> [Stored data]
- Opening Delimiter -
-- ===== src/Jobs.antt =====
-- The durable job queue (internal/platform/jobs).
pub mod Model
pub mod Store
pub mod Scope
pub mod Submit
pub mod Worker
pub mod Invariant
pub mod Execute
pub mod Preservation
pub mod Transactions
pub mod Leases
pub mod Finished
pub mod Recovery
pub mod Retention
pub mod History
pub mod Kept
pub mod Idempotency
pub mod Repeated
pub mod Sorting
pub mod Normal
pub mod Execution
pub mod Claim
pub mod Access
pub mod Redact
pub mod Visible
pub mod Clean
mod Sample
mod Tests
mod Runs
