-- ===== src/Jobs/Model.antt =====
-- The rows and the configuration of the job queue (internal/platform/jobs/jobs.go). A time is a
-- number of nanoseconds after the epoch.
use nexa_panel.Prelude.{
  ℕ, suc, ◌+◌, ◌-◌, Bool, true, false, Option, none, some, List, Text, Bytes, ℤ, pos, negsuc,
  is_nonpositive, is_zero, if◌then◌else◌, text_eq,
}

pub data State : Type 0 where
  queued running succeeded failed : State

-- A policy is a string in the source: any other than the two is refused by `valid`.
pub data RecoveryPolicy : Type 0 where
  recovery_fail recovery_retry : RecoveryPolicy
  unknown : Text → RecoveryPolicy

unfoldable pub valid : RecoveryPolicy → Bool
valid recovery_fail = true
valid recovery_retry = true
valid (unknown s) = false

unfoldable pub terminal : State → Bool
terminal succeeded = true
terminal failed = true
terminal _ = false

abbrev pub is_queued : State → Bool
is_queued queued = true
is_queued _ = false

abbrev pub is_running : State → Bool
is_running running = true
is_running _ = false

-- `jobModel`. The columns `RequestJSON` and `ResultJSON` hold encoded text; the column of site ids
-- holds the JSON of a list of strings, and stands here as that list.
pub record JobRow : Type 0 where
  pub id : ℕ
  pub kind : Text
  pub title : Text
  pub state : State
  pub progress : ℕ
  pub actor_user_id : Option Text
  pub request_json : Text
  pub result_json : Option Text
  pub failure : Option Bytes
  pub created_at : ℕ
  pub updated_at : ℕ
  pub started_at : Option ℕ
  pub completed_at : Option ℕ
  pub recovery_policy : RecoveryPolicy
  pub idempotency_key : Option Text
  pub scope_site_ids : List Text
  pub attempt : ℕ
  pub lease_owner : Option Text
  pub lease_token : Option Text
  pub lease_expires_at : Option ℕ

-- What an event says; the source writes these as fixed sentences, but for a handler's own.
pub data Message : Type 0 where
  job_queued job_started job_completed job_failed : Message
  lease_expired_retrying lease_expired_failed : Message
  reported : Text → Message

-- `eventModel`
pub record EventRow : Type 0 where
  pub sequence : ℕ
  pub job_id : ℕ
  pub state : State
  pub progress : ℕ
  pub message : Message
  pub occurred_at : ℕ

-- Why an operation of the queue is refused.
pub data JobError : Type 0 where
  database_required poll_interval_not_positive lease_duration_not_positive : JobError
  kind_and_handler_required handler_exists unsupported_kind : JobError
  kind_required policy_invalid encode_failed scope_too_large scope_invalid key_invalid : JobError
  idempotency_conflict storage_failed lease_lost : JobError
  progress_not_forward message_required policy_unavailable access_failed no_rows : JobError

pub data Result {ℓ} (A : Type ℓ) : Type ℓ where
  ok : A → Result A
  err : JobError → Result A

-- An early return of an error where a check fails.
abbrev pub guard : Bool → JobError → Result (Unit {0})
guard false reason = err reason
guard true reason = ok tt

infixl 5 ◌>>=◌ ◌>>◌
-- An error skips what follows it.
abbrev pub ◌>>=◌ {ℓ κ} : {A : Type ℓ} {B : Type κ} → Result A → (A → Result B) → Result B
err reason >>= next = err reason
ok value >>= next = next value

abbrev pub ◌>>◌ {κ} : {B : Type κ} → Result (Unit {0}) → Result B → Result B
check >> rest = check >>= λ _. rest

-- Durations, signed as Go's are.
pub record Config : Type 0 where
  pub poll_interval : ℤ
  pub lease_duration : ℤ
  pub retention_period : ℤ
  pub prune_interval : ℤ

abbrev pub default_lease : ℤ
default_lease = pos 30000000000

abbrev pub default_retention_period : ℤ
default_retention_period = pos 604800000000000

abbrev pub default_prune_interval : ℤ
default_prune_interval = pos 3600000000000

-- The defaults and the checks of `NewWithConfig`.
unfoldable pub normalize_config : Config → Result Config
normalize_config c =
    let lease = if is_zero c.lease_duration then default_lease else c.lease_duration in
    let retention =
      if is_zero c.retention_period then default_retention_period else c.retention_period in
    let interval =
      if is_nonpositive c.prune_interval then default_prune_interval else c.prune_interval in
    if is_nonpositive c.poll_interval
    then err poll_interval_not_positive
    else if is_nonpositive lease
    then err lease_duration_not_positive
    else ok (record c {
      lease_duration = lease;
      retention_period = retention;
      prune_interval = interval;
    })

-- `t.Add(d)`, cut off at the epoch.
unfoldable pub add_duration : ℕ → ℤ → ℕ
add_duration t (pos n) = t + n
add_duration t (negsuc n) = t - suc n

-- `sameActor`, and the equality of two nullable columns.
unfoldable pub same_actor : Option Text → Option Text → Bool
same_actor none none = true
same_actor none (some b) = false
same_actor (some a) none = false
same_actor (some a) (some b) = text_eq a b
- Closing Delimiter -
> [What this task involves]
Restate each line of the records above without any deviation.

> [Result below]
-- ===== src/Jobs.antt =====
-- The durable job queue (internal/platform/jobs).
pub mod Model
pub mod Store
pub mod Scope
pub mod Submit
pub mod Worker
pub mod Invariant
pub mod Execute
pub mod Preservation
pub mod Transactions
pub mod Leases
pub mod Finished
pub mod Recovery
pub mod Retention
pub mod History
pub mod Kept
pub mod Idempotency
pub mod Repeated
pub mod Sorting
pub mod Normal
pub mod Execution
pub mod Claim
pub mod Access
pub mod Redact
pub mod Visible
pub mod Clean
mod Sample
mod Tests
mod Runs
-- ===== src/Jobs/Model.antt =====
-- The rows and the configuration of the job queue (internal/platform/jobs/jobs.go). A time is a
-- number of nanoseconds after the epoch.
use nexa_panel.Prelude.{
  ℕ, suc, ◌+◌, ◌-◌, Bool, true, false, Option, none, some, List, Text, Bytes, ℤ, pos, negsuc,
  is_nonpositive, is_zero, if◌then◌else◌, text_eq,
}

pub data State : Type 0 where
  queued running succeeded failed : State

-- A policy is a string in the source: any other than the two is refused by `valid`.
pub data RecoveryPolicy : Type 0 where
  recovery_fail recovery_retry : RecoveryPolicy
  unknown : Text → RecoveryPolicy

unfoldable pub valid : RecoveryPolicy → Bool
valid recovery_fail = true
valid recovery_retry = true
valid (unknown s) = false

unfoldable pub terminal : State → Bool
terminal succeeded = true
terminal failed = true
terminal _ = false

abbrev pub is_queued : State → Bool
is_queued queued = true
is_queued _ = false

abbrev pub is_running : State → Bool
is_running running = true
is_running _ = false

-- `jobModel`. The columns `RequestJSON` and `ResultJSON` hold encoded text; the column of site ids
-- holds the JSON of a list of strings, and stands here as that list.
pub record JobRow : Type 0 where
  pub id : ℕ
  pub kind : Text
  pub title : Text
  pub state : State
  pub progress : ℕ
  pub actor_user_id : Option Text
  pub request_json : Text
  pub result_json : Option Text
  pub failure : Option Bytes
  pub created_at : ℕ
  pub updated_at : ℕ
  pub started_at : Option ℕ
  pub completed_at : Option ℕ
  pub recovery_policy : RecoveryPolicy
  pub idempotency_key : Option Text
  pub scope_site_ids : List Text
  pub attempt : ℕ
  pub lease_owner : Option Text
  pub lease_token : Option Text
  pub lease_expires_at : Option ℕ

-- What an event says; the source writes these as fixed sentences, but for a handler's own.
pub data Message : Type 0 where
  job_queued job_started job_completed job_failed : Message
  lease_expired_retrying lease_expired_failed : Message
  reported : Text → Message

-- `eventModel`
pub record EventRow : Type 0 where
  pub sequence : ℕ
  pub job_id : ℕ
  pub state : State
  pub progress : ℕ
  pub message : Message
  pub occurred_at : ℕ

-- Why an operation of the queue is refused.
pub data JobError : Type 0 where
  database_required poll_interval_not_positive lease_duration_not_positive : JobError
  kind_and_handler_required handler_exists unsupported_kind : JobError
  kind_required policy_invalid encode_failed scope_too_large scope_invalid key_invalid : JobError
  idempotency_conflict storage_failed lease_lost : JobError
  progress_not_forward message_required policy_unavailable access_failed no_rows : JobError

pub data Result {ℓ} (A : Type ℓ) : Type ℓ where
  ok : A → Result A
  err : JobError → Result A

-- An early return of an error where a check fails.
abbrev pub guard : Bool → JobError → Result (Unit {0})
guard false reason = err reason
guard true reason = ok tt

infixl 5 ◌>>=◌ ◌>>◌
-- An error skips what follows it.
abbrev pub ◌>>=◌ {ℓ κ} : {A : Type ℓ} {B : Type κ} → Result A → (A → Result B) → Result B
err reason >>= next = err reason
ok value >>= next = next value

abbrev pub ◌>>◌ {κ} : {B : Type κ} → Result (Unit {0}) → Result B → Result B
check >> rest = check >>= λ _. rest

-- Durations, signed as Go's are.
pub record Config : Type 0 where
  pub poll_interval : ℤ
  pub lease_duration : ℤ
  pub retention_period : ℤ
  pub prune_interval : ℤ

abbrev pub default_lease : ℤ
default_lease = pos 30000000000

abbrev pub default_retention_period : ℤ
default_retention_period = pos 604800000000000

abbrev pub default_prune_interval : ℤ
default_prune_interval = pos 3600000000000

-- The defaults and the checks of `NewWithConfig`.
unfoldable pub normalize_config : Config → Result Config
normalize_config c =
    let lease = if is_zero c.lease_duration then default_lease else c.lease_duration in
    let retention =
      if is_zero c.retention_period then default_retention_period else c.retention_period in
    let interval =
      if is_nonpositive c.prune_interval then default_prune_interval else c.prune_interval in
    if is_nonpositive c.poll_interval
    then err poll_interval_not_positive
    else if is_nonpositive lease
    then err lease_duration_not_positive
    else ok (record c {
      lease_duration = lease;
      retention_period = retention;
      prune_interval = interval;
    })

-- `t.Add(d)`, cut off at the epoch.
unfoldable pub add_duration : ℕ → ℤ → ℕ
add_duration t (pos n) = t + n
add_duration t (negsuc n) = t - suc n

-- `sameActor`, and the equality of two nullable columns.
unfoldable pub same_actor : Option Text → Option Text → Bool
same_actor none none = true
same_actor none (some b) = false
same_actor (some a) none = false
same_actor (some a) (some b) = text_eq a b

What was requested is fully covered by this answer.